Hallucination filtering in radiology vision-language models using discrete semantic entropy.
Authors
Affiliations (10)
Affiliations (10)
- Lab for Artificial Intelligence in Medicine, Department of Diagnostic and Interventional Radiology, University Hospital RWTH Aachen, Aachen, Germany. [email protected].
- Department of Diagnostic and Interventional Radiology, University Hospital RWTH Aachen, Aachen, Germany. [email protected].
- Lab for Artificial Intelligence in Medicine, Department of Diagnostic and Interventional Radiology, University Hospital RWTH Aachen, Aachen, Germany.
- Department of Diagnostic and Interventional Radiology, University Hospital RWTH Aachen, Aachen, Germany.
- Department of Diagnostic and Interventional Radiology, Technical University of Munich, School of Medicine and Health, Klinikum rechts der Isar, TUM University Hospital, Munich, Germany.
- Department of Cardiovascular Radiology and Nuclear Medicine, Technical University of Munich, School of Medicine and Health, German Heart Center, TUM University Hospital, Munich, Germany.

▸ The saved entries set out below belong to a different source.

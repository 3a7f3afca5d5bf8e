-- ===== src/Checker/Main.antt =====
-- That the program of packages/consensus-model/src/main.rs passes.
use hyperiondb.Prelude.{
  ◌↔◌, ◌⊎◌, ℕ, ◌+◌, ◌≤◌, ◌<◌, ◌≡◌, refl, Bool, true, false, not, Option, none, some, [], ◌∷◌, arith,
  leb,
}
use hyperiondb.Prelude.Words.{u64_mod}
use hyperiondb.Prelude.Text.{Text, codes}
use hyperiondb.Durability.{Cluster, State, majority}
use hyperiondb.Durability as D
use hyperiondb.Leadership.{Leadership, LState}
use hyperiondb.Leadership as L
use hyperiondb.Checker.{
  Found, IsExhaustive, is_some, durability_properties, leadership_properties, check,
  check_split_brain, Summary, durability_heading, durability_line, durability_control,
  split_brain_heading, split_brain_line, split_brain_control, blank_line, pass_line, report, passes,
  check_sizes, check_durability, check_terms, check_leadership, main,
}
use hyperiondb.Checker.Exact.{check-exact, check_split_brain-exact}

abbrev pub cluster : (n ack_quorum max_term : ℕ) → Cluster
cluster n ack_quorum max_term = record {
  n = n;
  ack_quorum = ack_quorum;
  max_lsn = 3;
  max_term = max_term;
}

abbrev pub leadership : (n max_term : ℕ) → Bool → Leadership
leadership n max_term fencing = record { n = n; max_term = max_term; fencing = fencing }

-- The searches of a model are exhaustive.
abbrev pub Explores : (Cluster → Found State) → Cluster → Type 0
Explores explored c = IsExhaustive (D.model c) (D.init_state c) durability_properties (explored c)

abbrev pub ExploresL : (Leadership → Found LState) → Leadership → Type 0
ExploresL explored c = IsExhaustive (L.model c) (L.init_state c) leadership_properties (explored c)

abbrev pub summary : ℕ → Bool → Bool → Summary
summary states violated met = record {
  states = states;
  safety_violated = violated;
  sometimes_met = met;
}

module _ (cs : Cluster → Found State) where
  as_expected :
      (n ack_quorum max_term : ℕ)
      → Explores cs (cluster n ack_quorum max_term)
      → 3 ≤ n
      → n < 32
      → 1 ≤ ack_quorum
      → ack_quorum ≤ n
      → 1 ≤ max_term
      → max_term < u64_mod
      → check cs n ack_quorum 3 max_term
        ≡ summary
            (cs (cluster n ack_quorum max_term)).unique_state_count
            (leb (ack_quorum + majority (cluster n ack_quorum max_term)) n)
            true
  unfolding check
  as_expected n q t law many few asks le room fits =
      let (bad, met) =
        check-exact cs (cluster n q t) law
          (record { few = few; lsn_room = omega arith; term_room = room; asks = asks }) many le
          (omega arith) fits in
      rw (bad, met) refl

module _ (ls : Leadership → Found LState) where
  fenced_as_expected :
      (n max_term : ℕ) (fencing : Bool)
      → ExploresL ls (leadership n max_term fencing)
      → 3 ≤ n
      → n < 32
      → 2 ≤ max_term
      → max_term < u64_mod
      → check_split_brain ls n max_term fencing
        ≡ summary (ls (leadership n max_term fencing)).unique_state_count (not fencing) true
  unfolding check_split_brain
  fenced_as_expected n t fencing law many few room fits =
      let (bad, met) =
        check_split_brain-exact ls (leadership n t fencing) law
          (record { many = many; few = few; term_room = room }) fits in
      rw (bad, met) refl

-- If the searches of its six models are exhaustive, the program exits with 0: it reports no violation
-- and both examples where it expects so, and a violation for each of the two negative controls.
pub main-passes :
    (cs : Cluster → Found State) (ls : Leadership → Found LState)
    → Explores cs (cluster 3 2 3)
    → Explores cs (cluster 5 3 5)
    → Explores cs (cluster 3 1 3)
    → ExploresL ls (leadership 3 4 true)
    → ExploresL ls (leadership 5 3 true)
    → ExploresL ls (leadership 3 4 false)
    → main cs ls ≡ (
      durability_heading
          ∷ durability_line 3 2 (summary (cs (cluster 3 2 3)).unique_state_count false true)
          ∷ durability_line 5 3 (summary (cs (cluster 5 3 5)).unique_state_count false true)
          ∷ durability_control (summary (cs (cluster 3 1 3)).unique_state_count true true)
          ∷ split_brain_heading
          ∷ split_brain_line 3 (summary (ls (leadership 3 4 true)).unique_state_count false true)
          ∷ split_brain_line 5 (summary (ls (leadership 5 3 true)).unique_state_count false true)
          ∷ split_brain_control (summary (ls (leadership 3 4 false)).unique_state_count true true)
          ∷ blank_line
          ∷ pass_line
          ∷ [],
      0,
    )
unfolding main check_leadership check_terms check_durability check_sizes report passes majority
main-passes cs ls c₁ c₂ c₃ l₁ l₂ l₃ =
    rw
      (
        as_expected cs 3 2 3 c₁ (omega arith) (omega arith) (omega arith) (omega arith)
            (omega arith) (omega arith),
        as_expected cs 5 3 5 c₂ (omega arith) (omega arith) (omega arith) (omega arith)
            (omega arith) (omega arith),
        as_expected cs 3 1 3 c₃ (omega arith) (omega arith) (omega arith) (omega arith)
            (omega arith) (omega arith),
        fenced_as_expected ls 3 4 true l₁ (omega arith) (omega arith) (omega arith) (omega arith),
        fenced_as_expected ls 5 3 true l₂ (omega arith) (omega arith) (omega arith) (omega arith),
        fenced_as_expected ls 3 4 false l₃ (omega arith) (omega arith) (omega arith) (omega arith),
      )
      refl

-- A search found no counterexample to the property that holds always.
abbrev pub Clean : {S : Type 0} → Text → Found S → Type 0
Clean name found = found.discovery name ≡ none

-- A search found a state for the property.
abbrev pub Finds : {S : Type 0} → Text → Found S → Type 0
Finds {S} name found = (s : S) × (found.discovery name ≡ some s)

is_some_iff : {S : Type 0} (o : Option S) → (is_some o ≡ true) ↔ ((s : S) × (o ≡ some s))
is_some_iff none = ((λ e. absurd cc), (λ (s, e). absurd cc))
is_some_iff (some s) = ((λ e. (s, refl)), (λ e. refl))

is_none_iff : {S : Type 0} (o : Option S) → (is_some o ≡ false) ↔ (o ≡ none)
is_none_iff none = ((λ e. refl), (λ e. refl))
is_none_iff (some s) = ((λ e. absurd cc), (λ e. absurd cc))

-- The result of a pair of searches, by the names of the two properties.
abbrev pub Passes : {S : Type 0} → (always sometimes : Text) → Found S → Type 0
Passes always sometimes found = Clean always found × Finds sometimes found

passes_iff :
    {S : Type 0} (always sometimes : Text) (f : Found S)
    → (passes (
          summary f.unique_state_count
            (is_some (f.discovery always))
            (is_some (f.discovery sometimes)))
        ≡ true)
      ↔ Passes always sometimes f
unfolding passes
passes_iff always sometimes f =
    let (bad, bad₁) = is_none_iff (f.discovery always) in
    let (met, met₁) = is_some_iff (f.discovery sometimes) in
    (
      (λ e. (bad (ground (arith, e)), met (ground (arith, e)))),
      (λ (x, y). ground (arith, bad₁ x, met₁ y)),
    )

abbrev pub DurabilityPasses : Found State → Type 0
DurabilityPasses found = Passes (codes "no_acked_loss") (codes "failover_after_ack") found

abbrev pub LeadershipPasses : Found LState → Type 0
LeadershipPasses found =
    Passes (codes "no_split_brain") (codes "stale_writable_leader_present") found

exit_code :
    (cs : Cluster → Found State) (ls : Leadership → Found LState)
    → (((main cs ls).1 ≡ 0) ↔ (
        (passes (check cs 3 2 3 3) ≡ true)
        × (passes (check cs 5 3 3 5) ≡ true)
        × ((check cs 3 1 3 3).safety_violated ≡ true)
        × (passes (check_split_brain ls 3 4 true) ≡ true)
        × (passes (check_split_brain ls 5 3 true) ≡ true)
        × ((check_split_brain ls 3 4 false).safety_violated ≡ true)))
      × (((main cs ls).1 ≡ 0) ⊎ ((main cs ls).1 ≡ 1))
unfolding main check_leadership check_terms check_durability check_sizes report
exit_code cs ls = ground arith

-- Whatever the searches find, the program exits with 0 if and only if each of the four searches that it
-- expects to pass finds no counterexample to its safety property and finds its example, and each of the
-- two negative controls finds a counterexample; it exits with 1 otherwise.
pub main-exit_iff :
    (cs : Cluster → Found State) (ls : Leadership → Found LState)
    → (((main cs ls).1 ≡ 0) ↔ (
        DurabilityPasses (cs (cluster 3 2 3))
        × DurabilityPasses (cs (cluster 5 3 5))
        × Finds (codes "no_acked_loss") (cs (cluster 3 1 3))
        × LeadershipPasses (ls (leadership 3 4 true))
        × LeadershipPasses (ls (leadership 5 3 true))
        × Finds (codes "no_split_brain") (ls (leadership 3 4 false))))
      × (((main cs ls).1 ≡ 0) ⊎ ((main cs ls).1 ≡ 1))
unfolding check check_split_brain
main-exit_iff cs ls =
    let ((go, back), only) = exit_code cs ls in
    let durable =
      λ (c : Cluster). passes_iff (codes "no_acked_loss") (codes "failover_after_ack") (cs c) in
    let led = λ (c : Leadership).
      passes_iff (codes "no_split_brain") (codes "stale_writable_leader_present") (ls c) in
    let bad = λ (c : Cluster). is_some_iff ((cs c).discovery (codes "no_acked_loss")) in
    let split = λ (c : Leadership). is_some_iff ((ls c).discovery (codes "no_split_brain")) in
    (
      (
        (λ e.
            let (a, b, n, x, y, z) = go e in
            (
              (durable (cluster 3 2 3)).0 a,
              (durable (cluster 5 3 5)).0 b,
              (bad (cluster 3 1 3)).0 n,
              (led (leadership 3 4 true)).0 x,
              (led (leadership 5 3 true)).0 y,
              (split (leadership 3 4 false)).0 z,
            )),
        (λ (a, b, n, x, y, z). back (
          (durable (cluster 3 2 3)).1 a,
          (durable (cluster 5 3 5)).1 b,
          (bad (cluster 3 1 3)).1 n,
          (led (leadership 3 4 true)).1 x,
          (led (leadership 5 3 true)).1 y,
          (split (leadership 3 4 false)).1 z,
        )),
      ),
      only,
    )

- Else Kroener Fresenius Center for Digital Health, Faculty of Medicine and University Hospital Carl Gustav Carus, TUD Dresden University of Technology, Dresden, Germany.
- Department of Medicine I, Faculty of Medicine and University Hospital Carl Gustav Carus, TUD Dresden University of Technology, Dresden, Germany.
- Pathology & Data Analytics, Leeds Institute of Medical Research at St James's, University of Leeds, Leeds, United Kingdom.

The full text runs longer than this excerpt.